Now, you must know that Lion was not often seen with Dog; polished gold brown did not often walk together with mud-brown, soiled coats. But Lion was to speak tomorrow, on the tip of the land’s largest and highest boulder, as he was chosen to clear up rumors going around about a strange creature the animals had been whispering about. And Dog, his paper skin stretched over long bones, was always scavenging for something. He was as hungry for good food as he was attractive news.

Lion had been surprised to see him soon as the yellow-white light soaked his skin, tail between his legs, long tongue dropped over his teeth, head lowered but eyes high in defiance of his weary neck.

Mother Bird had been the first to speak, singing up in one of the colored trees.

“Well, Dog, good morning! What a surprise!”

She eyed her three babies, mouths open and watering from their mother’s delay.

“Good morning…”

“Good morning…”

“Good morning…” they sighed, until Mother Bird nodded her head in approval, and dropped breakfast into their stomachs.

When Lion was face-to-face with Dog, they began to walk as if they had awoken every morning to walk together. The sound of crisp leaves flattened under paws was the morning’s only melody, until Dog began to pant.
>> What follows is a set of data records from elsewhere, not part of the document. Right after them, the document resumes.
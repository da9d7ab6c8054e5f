-- ===== src/Concepts/Delete/Events.antt =====
-- The audit events of a deletion: what the three loops of `delete_concept` log.
use taxonomy_builder.Common.{
  ℕ, ◌≡◌, refl, sym, ◌∙◌, ap, inl, inr, Bool, true, ◌&&◌, Text, text, Option, none, some, List, [],
  ◌∷◌, ◌++◌, map, find, any, all, Result, ok, ◌==◌, ==_iff, ltb, Bool-cases, arith,
}
use mathlib.Core.List.{append-nil, append_assoc}
use taxonomy_builder.Models.Vocabulary.{Concept, ConceptBroader, ConceptRelated}
use taxonomy_builder.Models.Activity.{ChangeEvent, State}
use taxonomy_builder.Models.Session.{Session}
use taxonomy_builder.Tracker.{Actor, event, serialize_broader, serialize_related}
use taxonomy_builder.Concepts.{Error, get_concept}
use taxonomy_builder.Concepts.Related.{smaller, larger}
use taxonomy_builder.Concepts.Delete.{
  other_id, related_state, log_broader, log_narrower, log_related, is_narrower, is_broader,
  in_related,
}

abbrev pub known : List Concept → ℕ → Bool
known concepts c = any (λ x. x.id == c) concepts

abbrev pub broader_known : List Concept → ConceptBroader → Bool
broader_known concepts rel = known concepts rel.concept_id && known concepts rel.broader_concept_id

abbrev pub related_known : List Concept → ConceptRelated → Bool
related_known concepts rel = known concepts rel.concept_id && known concepts rel.related_concept_id

-- the label of the concept with an identifier
abbrev label_or_empty : Option Concept → Text
label_or_empty none = text ""
label_or_empty (some c) = c.pref_label

abbrev pub label : List Concept → ℕ → Text
label concepts k = label_or_empty (find (λ x. x.id == k) concepts)

module _ (actor : Actor) (project_id : ℕ) (concepts : List Concept) (concept : Concept) where
  -- the event for a row of concept_broader that goes with the concept
  abbrev pub broader_deleted : ConceptBroader → ChangeEvent
  broader_deleted rel =
      event actor project_id (text "concept_broader") rel.concept_id (text "delete")
        (some (
          serialize_broader rel.concept_id rel.broader_concept_id (label concepts rel.concept_id)
            (label concepts rel.broader_concept_id)))
        none (some concept.scheme_id)

  abbrev pair_state : ℕ → ℕ → State
  pair_state a b = serialize_related a b (label concepts a) (label concepts b)

  -- the event for a row of concept_related that goes with the concept
  abbrev pub related_deleted : ConceptRelated → ChangeEvent
  related_deleted rel =
      event actor project_id (text "concept_related") concept.id (text "delete")
        (some (
          pair_state (smaller rel.concept_id rel.related_concept_id)
            (larger rel.concept_id rel.related_concept_id)))
        none (some concept.scheme_id)

known_row :
    (concepts : List Concept) (c : ℕ)
    → known concepts c ≡ true
    → (x : Concept) × (find (λ x. x.id == c) concepts ≡ some x)
known_row [] c h = cc
known_row (x ∷ xs) c h = elim (Bool-cases (x.id == c)) [
  | inl e ↦ (x, rw e)
  | inr e ↦ let (y, p) = known_row xs c (ground arith) in (y, rw e p)
]

abbrev pub with_events : Session → List ChangeEvent → Session
with_events s es = record s { tables = record s.tables { events = s.events ++ es } }

-- the action returned, and did nothing but log the events
abbrev pub Logs : List ChangeEvent → Result Error (Unit {0}) × Session → Session → Type 0
Logs es r s = r ≡ (ok tt, with_events s es)

Logs-nil : (s : Session) → Logs [] (ok tt, s) s
Logs-nil s =
    ap (λ es. (ok tt, record s { tables = record s.tables { events = es } }))
      (sym (append-nil s.events))

Logs-cons :
    (s : Session) (e : ChangeEvent) (es : List ChangeEvent) (r : Result Error (Unit {0}) × Session)
    → Logs es r (with_events s (e ∷ []))
    → Logs (e ∷ es) r s
Logs-cons s e es r p =
    p
    ∙ ap (λ es. (ok tt, record s { tables = record s.tables { events = es } }))
        (append_assoc s.events (e ∷ []) es)

and_true : (a b : Bool) → (a && b) ≡ true → (a ≡ true) × (b ≡ true)
and_true a b h = ground arith

label_at :
    (concepts : List Concept) (k j : ℕ) (x : Concept)
    → find (λ y. y.id == j) concepts ≡ some x
    → (k == j) ≡ true
    → label concepts k ≡ x.pref_label
label_at concepts k j x found e = ap (label concepts) ((==_iff k j).0 e) ∙ ap label_or_empty found

module _ (actor : Actor) (project_id : ℕ) (concept : Concept) where
  pub log_broader_lem :
      (rels : List ConceptBroader) (s : Session)
      → find (λ x. x.id == concept.id) s.concepts ≡ some concept
      → all (λ r. broader_known s.concepts r && is_narrower concept.id r) rels ≡ true
      → Logs
          (map (broader_deleted actor project_id s.concepts concept) rels)
          (log_broader actor project_id concept.scheme_id concept rels s)
          s
  unfolding log_broader get_concept
  log_broader_lem [] s found h = Logs-nil s
  log_broader_lem (rel ∷ rels) s found h =
      let (here, rest) =
        and_true (broader_known s.concepts rel && is_narrower concept.id rel) _ h in
      let (both, narrower) = and_true (broader_known s.concepts rel) _ here in
      let (x, e) =
        known_row s.concepts rel.broader_concept_id
          (and_true (known s.concepts rel.concept_id) _ both).1 in
      rw (e, label_at s.concepts rel.concept_id concept.id concept found narrower)
        (Logs-cons s _ _ _ (log_broader_lem rels _ found rest))

  pub log_narrower_lem :
      (rels : List ConceptBroader) (s : Session)
      → find (λ x. x.id == concept.id) s.concepts ≡ some concept
      → all (λ r. broader_known s.concepts r && is_broader concept.id r) rels ≡ true
      → Logs
          (map (broader_deleted actor project_id s.concepts concept) rels)
          (log_narrower actor project_id concept.scheme_id concept rels s)
          s
  unfolding log_narrower get_concept
  log_narrower_lem [] s found h = Logs-nil s
  log_narrower_lem (rel ∷ rels) s found h =
      let (here, rest) = and_true (broader_known s.concepts rel && is_broader concept.id rel) _ h in
      let (both, broader) = and_true (broader_known s.concepts rel) _ here in
      let (x, e) =
        known_row s.concepts rel.concept_id (and_true (known s.concepts rel.concept_id) _ both).0 in
      rw (e, label_at s.concepts rel.broader_concept_id concept.id concept found broader)
        (Logs-cons s _ _ _ (log_narrower_lem rels _ found rest))

  other_known :
      (rel : ConceptRelated) (concepts : List Concept)
      → related_known concepts rel ≡ true
      → known concepts (other_id actor project_id concept.scheme_id concept rel) ≡ true
  other_known rel concepts h = ground arith

  -- The labels that the branches pick are those of the two concepts.
  related_state_lem :
      (concepts : List Concept) (rel : ConceptRelated) (other : Concept)
      → find (λ x. x.id == concept.id) concepts ≡ some concept
      → in_related concept.id rel ≡ true
      → find (λ x. x.id == other_id actor project_id concept.scheme_id concept rel) concepts
        ≡ some other
      → related_state actor project_id concept.scheme_id concept rel other
        ≡ some (
            pair_state actor project_id concepts concept
              (smaller rel.concept_id rel.related_concept_id)
              (larger rel.concept_id rel.related_concept_id))
  related_state_lem concepts rel other found h found_other =
      elim (Bool-cases (rel.concept_id == concept.id)) [
        | inl e ↦
            let first = label_at concepts rel.concept_id concept.id concept found e in
            let second : label concepts rel.related_concept_id ≡ other.pref_label =
              ap label_or_empty (rw e at found_other) in
            elim (Bool-cases (rel.related_concept_id == concept.id)) [
              | inl f ↦
                  let again = label_at concepts rel.related_concept_id concept.id concept found f in
                  elim (Bool-cases (ltb rel.concept_id rel.related_concept_id)) [
                    | inl g ↦ rw (e, f, g, first, second) refl
                    | inr g ↦ rw (e, f, g, first, again, sym second ∙ again) refl
                  ]
              | inr f ↦ elim (Bool-cases (ltb rel.concept_id rel.related_concept_id)) [
                | inl g ↦ rw (e, f, g, first, second) refl
                | inr g ↦ rw (e, f, g, first, second) refl
              ]
            ]
        | inr e ↦
            let first : label concepts rel.concept_id ≡ other.pref_label =
              ap label_or_empty (rw e at found_other) in
            let f : (rel.related_concept_id == concept.id) ≡ true = ground arith in
            let second = label_at concepts rel.related_concept_id concept.id concept found f in
            elim (Bool-cases (ltb rel.concept_id rel.related_concept_id)) [
              | inl g ↦ rw (e, f, g, first, second) refl
              | inr g ↦ rw (e, f, g, first, second) refl
            ]
      ]

  pub log_related_lem :
      (rels : List ConceptRelated) (s : Session)
      → find (λ x. x.id == concept.id) s.concepts ≡ some concept
      → all (λ r. related_known s.concepts r && in_related concept.id r) rels ≡ true
      → Logs
          (map (related_deleted actor project_id s.concepts concept) rels)
          (log_related actor project_id concept.scheme_id concept rels s)
          s
  unfolding log_related get_concept
  log_related_lem [] s found h = Logs-nil s
  log_related_lem (rel ∷ rels) s found h =
      let (here, rest) = and_true (related_known s.concepts rel && in_related concept.id rel) _ h in
      let (both, named) = and_true (related_known s.concepts rel) _ here in
      let (x, e) =
        known_row s.concepts (other_id actor project_id concept.scheme_id concept rel)
          (other_known rel s.concepts both) in
      rw (e, related_state_lem s.concepts rel x found named e)
        (Logs-cons s _ _ _ (log_related_lem rels _ found rest))
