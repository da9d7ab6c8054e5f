-- ===== src/Concepts/Delete/Effects.antt =====
-- What a deletion that goes through leaves in the tables and in the audit log.
use taxonomy_builder.Common.{
  filter_same, ℕ, ◌≡◌, refl, ◌∙◌, ap, Bool, true, false, not, ◌&&◌, ◌||◌, text, Option, none, some,
  List, [], ◌∷◌, ◌++◌, map, filter, find, any, all, ok, ◌==◌, arith,
}
use mathlib.Core.List.{append_assoc}
use taxonomy_builder.Models.Vocabulary.{Concept, ConceptScheme}
use taxonomy_builder.Models.Activity.{ChangeEvent, Comment}
use taxonomy_builder.Models.Session.{Db, Session, request}
use taxonomy_builder.Tracker.{Actor, event, serialize_concept}
use taxonomy_builder.Concepts.Delete.{
  is_narrower, is_broader, in_related, answers, without_concept, delete_concept,
}
use taxonomy_builder.Concepts.Delete.Events.{
  broader_known, related_known, broader_deleted, related_deleted, with_events, log_broader_lem,
  log_narrower_lem, log_related_lem,
}

all-filter {ℓ} :
    {A : Type ℓ} (p keep : A → Bool) (xs : List A)
    → all p xs ≡ true
    → all (λ x. p x && keep x) (filter keep xs) ≡ true
all-filter p keep [] h = refl
all-filter p keep (x ∷ xs) h = ground (arith, all-filter p keep xs)

abbrev answers_to : ℕ → Option ℕ → Bool
answers_to k none = false
answers_to k (some parent) = k == parent

-- a comment on the concept, or a reply to one
abbrev pub hangs_on : ℕ → List Comment → Comment → Bool
hangs_on c comments x =
    x.concept_id == c
    || any (λ y. answers_to y.id x.parent_comment_id && y.concept_id == c) comments

answers_lem :
    (comments : List Comment) (c : ℕ) (o : Option ℕ)
    → answers comments c o ≡ any (λ y. answers_to y.id o && y.concept_id == c) comments
answers_lem [] c none = refl
answers_lem (x ∷ xs) c none = answers_lem xs c none
answers_lem comments c (some parent) = refl

module _ (actor : Actor) (db : Db) (concept : Concept) (scheme : ConceptScheme) where
  -- the rows to log: where the concept is the narrower, where it is the broader, where it is related
  abbrev pub deletion_events : List ChangeEvent
  deletion_events =
      map (broader_deleted actor scheme.project_id db.concepts concept)
        (filter (λ r. r.concept_id == concept.id) db.broader)
      ++ map (broader_deleted actor scheme.project_id db.concepts concept)
          (filter (λ r. r.broader_concept_id == concept.id) db.broader)
      ++ map (related_deleted actor scheme.project_id db.concepts concept) (
          filter (λ r. r.concept_id == concept.id || r.related_concept_id == concept.id) db.related)
      ++ event actor scheme.project_id (text "concept") concept.id (text "delete")
          (some (serialize_concept concept)) none (some concept.scheme_id)
        ∷ []

  pub delete_concept_done :
      find (λ x. x.id == concept.id) db.concepts ≡ some concept
      → find (λ x. x.id == concept.scheme_id) db.schemes ≡ some scheme
      → all (broader_known db.concepts) db.broader ≡ true
      → all (related_known db.concepts) db.related ≡ true
      → request (delete_concept actor concept.id) db
        ≡ (ok tt, record (without_concept concept.id db) { events = db.events ++ deletion_events })
  unfolding request delete_concept
  delete_concept_done found in_scheme broader related =
      let start : Session = record { tables = db; committed = db } in
      let narrower_rows = filter (is_narrower concept.id) db.broader in
      let broader_rows = filter (is_broader concept.id) db.broader in
      let related_rows = filter (in_related concept.id) db.related in
      let es = map (broader_deleted actor scheme.project_id db.concepts concept) narrower_rows in
      let fs = map (broader_deleted actor scheme.project_id db.concepts concept) broader_rows in
      let p =
        log_broader_lem actor scheme.project_id concept narrower_rows start found
          (all-filter _ _ db.broader broader) in
      let q =
        log_narrower_lem actor scheme.project_id concept broader_rows (with_events start es) found
          (all-filter _ _ db.broader broader) in
      let r =
        log_related_lem actor scheme.project_id concept related_rows
          (with_events (with_events start es) fs) found (all-filter _ _ db.related related) in
      rw (found, in_scheme, p, q, r) (simp append_assoc refl)

  -- Where the rows of the two join tables refer to concepts that are there, deleting an existing
  -- concept of an existing scheme goes through. The concept goes, with the rows of the join tables
  -- that name it, the comments on it and the replies to those; no other row does. The log gets, in
  -- this order, a "delete" event for each row where it was the narrower, for each where it was the
  -- broader and for each where it was related, with the identifiers and labels of both concepts, and
  -- one for the concept itself.
  pub delete_concept_ok :
      find (λ x. x.id == concept.id) db.concepts ≡ some concept
      → find (λ x. x.id == concept.scheme_id) db.schemes ≡ some scheme
      → all (broader_known db.concepts) db.broader ≡ true
      → all (related_known db.concepts) db.related ≡ true
      → request (delete_concept actor concept.id) db ≡ (
        ok tt,
        record db {
          concepts = filter (λ x. not (x.id == concept.id)) db.concepts;
          broader =
              filter
                (λ r. not (r.concept_id == concept.id || r.broader_concept_id == concept.id))
                db.broader;
          related =
              filter
                (λ r. not (r.concept_id == concept.id || r.related_concept_id == concept.id))
                db.related;
          comments = filter (λ x. not (hangs_on concept.id db.comments x)) db.comments;
          events = db.events ++ deletion_events;
        },
      )
  delete_concept_ok found in_scheme broader related =
      delete_concept_done found in_scheme broader related
      ∙ ap
          (λ rows. (
            ok tt,
            record (without_concept concept.id db) {
              comments = rows;
              events = db.events ++ deletion_events;
            },
          ))
          (filter_same _ _ db.comments (λ x.
            ap (λ b. not (x.concept_id == concept.id || b))
              (answers_lem db.comments concept.id x.parent_comment_id)))
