-- ===== src/Concepts/Delete/Closed.antt =====
-- A deletion leaves no reference to the concept, and no dangling reference to a concept or comment.
use taxonomy_builder.Common.{
  all-kept, ℕ, ◌≡◌, refl, ◌∙◌, true, false, not, ◌&&◌, ◌||◌, Option, none, some, List, [], ◌∷◌,
  filter, find, all, ◌==◌, arith,
}
use taxonomy_builder.Models.Vocabulary.{Concept, ConceptScheme, ConceptBroader, ConceptRelated}
use taxonomy_builder.Models.Session.{Db, request}
use taxonomy_builder.Tracker.{Actor}
use taxonomy_builder.Projects.Delete.References.{is_none, optional, top_level_known, stays_for}
use taxonomy_builder.Concepts.Delete.{
  is_narrower, is_broader, in_related, answers, goes_with, without_concept, delete_concept,
}
use taxonomy_builder.Concepts.Delete.Events.{known, broader_known, related_known}
use taxonomy_builder.Concepts.Delete.Effects.{delete_concept_done}

-- The foreign keys to concepts and to comments; a reply moreover answers a comment that is no reply.
pub record IsClosed (db : Db) : Type 0 where
  pub broader : all (broader_known db.concepts) db.broader ≡ true
  pub related : all (related_known db.concepts) db.related ≡ true
  pub comments : all (λ x. known db.concepts x.concept_id) db.comments ≡ true
  pub parents : all (λ x. optional (top_level_known db) x.parent_comment_id) db.comments ≡ true

known-removed :
    (concepts : List Concept) (c x : ℕ)
    → known (filter (λ y. not (y.id == c)) concepts) x ≡ (known concepts x && not (x == c))
known-removed [] c x = refl
known-removed (y ∷ ys) c x = ground (arith, known-removed ys c x)

abbrev without : ℕ → List Concept → List Concept
without c = filter (λ y. not (y.id == c))

broader_row_closed :
    (concepts : List Concept) (c : ℕ) (rel : ConceptBroader)
    → broader_known concepts rel ≡ true
    → not (is_narrower c rel || is_broader c rel) ≡ true
    → broader_known (without c concepts) rel ≡ true
broader_row_closed concepts c rel h k =
    rw (known-removed concepts c rel.concept_id, known-removed concepts c rel.broader_concept_id)
      (ground arith)

related_row_closed :
    (concepts : List Concept) (c : ℕ) (rel : ConceptRelated)
    → related_known concepts rel ≡ true
    → not (in_related c rel) ≡ true
    → related_known (without c concepts) rel ≡ true
related_row_closed concepts c rel h k =
    rw (known-removed concepts c rel.concept_id, known-removed concepts c rel.related_concept_id)
      (ground arith)

module _ (db : Db) (c : ℕ) where
  answers_none : (o : Option ℕ) → is_none o ≡ true → answers db.comments c o ≡ false
  answers_none none h = refl
  answers_none (some k) h = absurd cc

  parent_stays :
      (o : Option ℕ)
      → optional (top_level_known db) o ≡ true
      → answers db.comments c o ≡ false
      → optional (top_level_known (without_concept c db)) o ≡ true
  parent_stays none h e = refl
  parent_stays (some k) h e =
      stays_for (λ x. x.id == k) (λ x. is_none x.parent_comment_id) (λ x. x.concept_id == c)
        (goes_with db.comments c) db.comments
        (λ x top. ground (arith, answers_none x.parent_comment_id top)) h e

  without_concept-IsClosed : IsClosed db → IsClosed (without_concept c db)
  without_concept-IsClosed h = record {
    broader = all-kept _ _ _ db.broader (broader_row_closed db.concepts c) h.broader;
    related = all-kept _ _ _ db.related (related_row_closed db.concepts c) h.related;
    comments =
        all-kept _ _ _ db.comments
          (λ x k e. known-removed db.concepts c x.concept_id ∙ ground arith) h.comments;
    parents =
        all-kept _ _ _ db.comments (λ x k e. parent_stays x.parent_comment_id k (ground arith))
          h.parents;
  }

module _ (actor : Actor) (db : Db) (concept : Concept) (scheme : ConceptScheme) where
  -- Take tables in which the join tables and the comments refer to concepts that are there, and
  -- every reply answers a comment that is there and is no reply. Deleting an existing concept of an
  -- existing scheme leaves tables of which the same holds, and in which the concept is gone.
  pub delete-IsClosed :
      find (λ x. x.id == concept.id) db.concepts ≡ some concept
      → find (λ x. x.id == concept.scheme_id) db.schemes ≡ some scheme
      → IsClosed db
      → IsClosed (request (delete_concept actor concept.id) db).1
        × (known (request (delete_concept actor concept.id) db).1.concepts concept.id ≡ false)
  delete-IsClosed found in_scheme closed =
      let e =
        delete_concept_done actor db concept scheme found in_scheme closed.broader closed.related in
      let after = without_concept-IsClosed db concept.id closed in
      rw e (
        record {
          broader = after.broader;
          related = after.related;
          comments = after.comments;
          parents = after.parents;
        },
        known-removed db.concepts concept.id concept.id ∙ ground arith,
      )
“I forget your strides aren’t as great as mine,” Lion said as he slowed.

“Yes. Not even my strides can match yours,” said Dog.

There was a break in the crunching of the leaves.

“Dog?”

“Yes?”

“I suppose you’re here to ask me about the creature.” You always had to be the first to know, Lion did not add. You are desperate for something, anything to feed your decaying insides. But aren’t we all?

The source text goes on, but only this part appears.